- Born: David Mahlon Bonner May 15, 1916 Salt Lake City, Utah, U.S.
- Died: May 2, 1964 (aged 47)
- Education: University of Utah California Institute of Technology
- Known for: Work on Neurospora crassa and biochemical genetics
- Awards: Eli Lilly Award in Biological Chemistry (1952) National Academy of Sciences (1959)
- Scientific career
- Fields: Biochemical genetics
- Workplaces: Yale University University of California, San Diego
- Doctoral advisor: Arie Jan Haagen-Smit

= David M. Bonner =

American biochemical geneticist (1916–1964)

David Mahlon Bonner (May 15, 1916 – May 2, 1964) was an American biochemical geneticist known for his work on the genetics of metabolism using the fungus Neurospora crassa. He was among the early contributors to the development of biochemical genetics and played a role in research associated with the "one gene, one enzyme" hypothesis.

==Early life and education==

Bonner was born in Salt Lake City, Utah, the fourth of seven children. Several of his siblings went on to scientific careers; five earned doctoral degrees, with careers spanning biochemistry, physical chemistry, and applied mathematics. His father, Walter D. Bonner, was a chemist and head of the chemistry department at the University of Utah, known for his work as a teacher and scholar. His mother, Grace Gaylord Bonner, also studied chemistry.

In 1929, when Bonner was 13, his father took a sabbatical at the California Institute of Technology, and several members of the family spent a year in Pasadena.

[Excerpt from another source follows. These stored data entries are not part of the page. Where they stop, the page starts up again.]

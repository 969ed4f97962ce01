-- ===== src/Satellite/Tests.antt =====
-- A device with a queue of two packets, whose channel takes 10 ns for a packet and 2 ns of gap.
use hypatia_multicast.Base.{
  ℕ, ◌+◌, ◌≤◌, ◌≡◌, refl, Bool, true, false, List, [], ◌∷◌, ◌++◌, map, ok, Result, arith, inr,
  ◌>>=◌, err,
}
use hypatia_multicast.Satellite.{
  Packets, Queues, Transmission, ether_to_ppp, add_header, process_header,
}
use hypatia_multicast.Satellite.Gsl.{
  GslNetDevice, new_gsl_net_device, attach, send, transmit_complete,
}
use hypatia_multicast.Satellite.Gsl.Operations.{accepted_items}
use hypatia_multicast.Satellite.Gsl.Runs.{
  Run, attached, sent, completed, IsNotAfter, IsServer, Run-IsServer,
}
use hypatia_multicast.Satellite.Gsl.Refines.{Tries}
use hypatia_multicast.Satellite.Gsl.Sends.{item_of, Run-in_order, Run-Tries}
use hypatia_multicast.Satellite.Gsl.Line.{line_time, Run-line_rate}
use hypatia_multicast.Satellite.Gsl.Channel.{
  Port, attach_devices, new_gsl_channel, channel_transmit_start, channel_transmit_start-attached,
}
use hypatia_multicast.Tracking.Utilization.Busy.{link_on}
use hypatia_multicast.Satellite.Laser.{LinkUtilization, enable_utilization_tracking, finalize_link}
use hypatia_multicast.Satellite.Laser.Tracking.{track_link, IsFinal, finalize_link-link_on}
use hypatia_multicast.Satellite.Headers.{process_header-add_header}
use hypatia_multicast.Satellite.DropTail.{drop_tail, drop_tail-IsFifo}

abbrev packets : Packets
packets = record {
  Packet = ℕ × List ℕ;
  get_size = λ p. 10;
  add_ppp_header = λ ppp p. (p.0, ppp ∷ p.1);
  remove_ppp_header = take_header;
}
  where
    take_header : ℕ × List ℕ → ℕ × (ℕ × List ℕ)
    take_header (n, []) = (0, (n, []))
    take_header (n, h ∷ hs) = (h, (n, hs))

process_header-add_header_example :
    (add_header packets (7, []) 0x86DD >>= process_header packets) ≡ ok ((7, []), 0x86DD)
process_header-add_header_example =
    process_header-add_header packets (λ ppp p. refl) (7, []) 0x86DD (inr refl)

abbrev Device : Type 0
Device = GslNetDevice (ℕ × List ℕ) (List (ℕ × List ℕ)) ℕ

abbrev queues : Queues (ℕ × List ℕ)
queues = drop_tail (ℕ × List ℕ) 2

-- Device 1 has the address 50, device 2 the address 100, device 3 the address 200.
abbrev port : Port ℕ
unfolding attach_devices
port = record {
  channel = attach_devices (new_gsl_channel ℕ) ((50, 1) ∷ (100, 2) ∷ (200, 3) ∷ []);
  self = 1;
  delay_ns = λ now src dst. 3;
  system_id = λ d. 0;
}

abbrev attached_device : Device
unfolding attach new_gsl_net_device
attached_device = attach (new_gsl_net_device (λ n. n) 2 [])

abbrev value_of : Device → Result (Device × Bool) → Device
value_of d (ok t) = t.0
value_of d (err e) = d

abbrev complete_of : Device → Result Device → Device
complete_of d (ok t) = t
complete_of d (err e) = d

-- Packet 7 is sent to 100 at 5 ns, packet 8 to 200 at 6 ns.
abbrev device_7 : Device
unfolding send
device_7 = value_of attached_device (send packets queues port attached_device 5 (7, []) 100 0x0800)

abbrev device_8 : Device
unfolding send device_7
device_8 = value_of device_7 (send packets queues port device_7 6 (8, []) 200 0x0800)

abbrev device_17 : Device
unfolding transmit_complete device_8
device_17 =
    complete_of device_8
      (transmit_complete packets queues port (record device_8 { scheduled = [] }) 17)

abbrev accepted_17 : List ((ℕ × List ℕ) × ℕ)
accepted_17 = ((7, 0x21 ∷ []), 100) ∷ ((8, 0x21 ∷ []), 200) ∷ []

Run-device_8 : Run packets queues port 6 accepted_17 device_8
unfolding device_8 device_7 send accepted_items ether_to_ppp attach new_gsl_net_device port
Run-device_8 =
    sent 6 (8, []) 200 0x0800 0x21 (device_8, true)
      (sent 5 (7, []) 100 0x0800 0x21 (device_7, true) (attached (λ n. n) 2 [] refl) (omega arith)
        tt refl refl)
      (omega arith) (omega arith, tt) refl refl

Run-device_17 : Run packets queues port 17 accepted_17 device_17
unfolding device_17 device_8 device_7 send transmit_complete attach new_gsl_net_device port
Run-device_17 = completed 17 100 [] device_17 Run-device_8 refl refl

Run-IsServer_example : IsServer packets queues port (drop_tail-IsFifo _ 2) 17 accepted_17 device_17
Run-IsServer_example = Run-IsServer packets queues port (drop_tail-IsFifo _ 2) Run-device_17

Run-in_order_example :
    (waiting : List ((ℕ × List ℕ) × ℕ)) × (map item_of device_17.transmitted ++ waiting
      ≡ accepted_17)
    × (device_17.queue ≡ map (λ i. i.0) waiting)
    × (device_17.queue_dests ≡ map (λ i. i.1) waiting)
Run-in_order_example =
    Run-in_order packets queues port (drop_tail-IsFifo _ 2) device_17 Run-device_17

Run-Tries_example :
    ((later : ℕ) (packet : ℕ × List ℕ) (dest proto ppp : ℕ)
      → 17 ≤ later
      → IsNotAfter later device_17.scheduled
      → ether_to_ppp proto ≡ ok ppp
      → Tries port
          (λ t. Unit)
          (dest ∷ [])
          (send packets queues port device_17 later packet dest proto))
    × ((until dest : ℕ) (events : List (ℕ × ℕ))
        → device_17.scheduled ≡ (until, dest) ∷ events
        → Tries port
            (λ t. Unit)
            device_17.queue_dests
            (transmit_complete packets queues port (record device_17 { scheduled = events }) until))
Run-Tries_example = Run-Tries packets queues port (drop_tail-IsFifo _ 2) device_17 Run-device_17

abbrev transmission_7 : Transmission (ℕ × List ℕ) ℕ
transmission_7 = record {
  start_ns = 5;
  packet = (7, 0x21 ∷ []);
  dest = 100;
  tx_time_ns = 10;
  device = 2;
  arrival_ns = 18;
}

abbrev transmission_8 : Transmission (ℕ × List ℕ) ℕ
transmission_8 = record {
  start_ns = 17;
  packet = (8, 0x21 ∷ []);
  dest = 200;
  tx_time_ns = 10;
  device = 3;
  arrival_ns = 30;
}

Run-line_rate_example : 5 + line_time device_17.interframe_gap_ns (transmission_7 ∷ []) ≤ 17
unfolding device_17 device_8 device_7 send transmit_complete attach new_gsl_net_device port
Run-line_rate_example =
    Run-line_rate packets queues port (drop_tail-IsFifo _ 2) device_17 [] transmission_7 []
      transmission_8 [] Run-device_17 refl

channel_transmit_start-attached_example :
    channel_transmit_start
      (λ d e. 3)
      (λ d. 0)
      (attach_devices (new_gsl_channel ℕ) ((100, 1) ∷ (200, 2) ∷ []))
      1
      200
      10
    ≡ ok (2, 13)
channel_transmit_start-attached_example =
    channel_transmit_start-attached (λ d e. 3) (λ d. 0) ((100, 1) ∷ (200, 2) ∷ []) 1 200 10
      (λ d e. refl)

-- A link that is on from 3 ns to 12 ns, in intervals of 5 ns, on a device that has been tracked
-- before.
abbrev earlier_utilization : LinkUtilization
earlier_utilization = record {
  tracking_enabled = true;
  interval_ns = 2;
  prev_time_ns = 2;
  current_interval_start = 2;
  current_interval_end = 4;
  idle_time_counter_ns = 0;
  busy_time_counter_ns = 0;
  current_state_is_on = true;
  utilization = (1, 2) ∷ [];
}

finalize_link-link_on_example :
    (v : LinkUtilization) × ((track_link
          (enable_utilization_tracking earlier_utilization 5)
          ((3, true) ∷ (12, false) ∷ [])
        >>= λ t. finalize_link t 13)
      ≡ ok v)
    × IsFinal ((1, 2) ∷ []) (link_on false 0 ((3, true) ∷ (12, false) ∷ []) 13) 5 13 v
finalize_link-link_on_example =
    finalize_link-link_on earlier_utilization 5 ((3, true) ∷ (12, false) ∷ []) 13 (omega arith)
      (omega arith, refl, (omega arith, refl, omega arith))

During this period, his older brothers attended Caltech, and his eldest brother James F. Bonner worked as a research assistant to Theodosius Dobzhansky, providing early exposure to leading figures in genetics. His older brother James also became a plant biologist and was later elected to the National Academy of Sciences for his work in plant biology.

==Career and research==

Bonner began his research career in plant physiology, studying plant growth factors during his doctoral work. In 1942 he joined the group of George Beadle and Edward Tatum at Stanford University, where he shifted to microbial systems and began working with Neurospora. Using auxotrophic mutants of Neurospora, Bonner helped identify steps in biochemical pathways, including those involved in niacin biosynthesis. His work contributed to experimental support for the idea that genes control specific enzymatic functions.

In 1946 Bonner joined Yale University, where he rose through the ranks to become professor of microbiology. At Yale he established a research group that continued work on gene–enzyme relationships and on the biochemical genetics of tryptophan metabolism. Among his studies were investigations of intermediates such as quinolinic acid and kynurenine in metabolic pathways, with his graduate student Charles Yanofsky.

In 1960 Bonner moved to the University of California, San Diego at the invitation of Roger Revelle as the founding chair of the Department of Biology, bringing members of his laboratory and colleagues from Yale University, including the biochemist S. Jonathan Singer. He played a central role in shaping the early organization of the biological sciences on the new campus, promoting a model that emphasized molecular and cellular biology and close integration with chemistry and medicine. Bonner advocated a unified structure in which biochemists were appointed across departments rather than housed in a separate biochemistry department, and helped establish a collaborative environment linking biology with the emerging medical school.

==Personal life and death==
Bonner married Miriam Thatcher in 1941, and they had two sons. He was diagnosed with Hodgkin's lymphoma in 1952 and died from the disease on May 2, 1964, at the age of 48.

==Honors and legacy==

Bonner received the Eli Lilly Award in Biological Chemistry in 1952 for his work on metabolic pathways and gene function; in 1959 he was elected to the National Academy of Science.

Following his death in 1964, the University of California, San Diego named its first biology building David Mahlon Bonner Hall in his honor.

==Publications==

Bonner co-authored the textbook Heredity with Stanley E. Mills, published in 1964.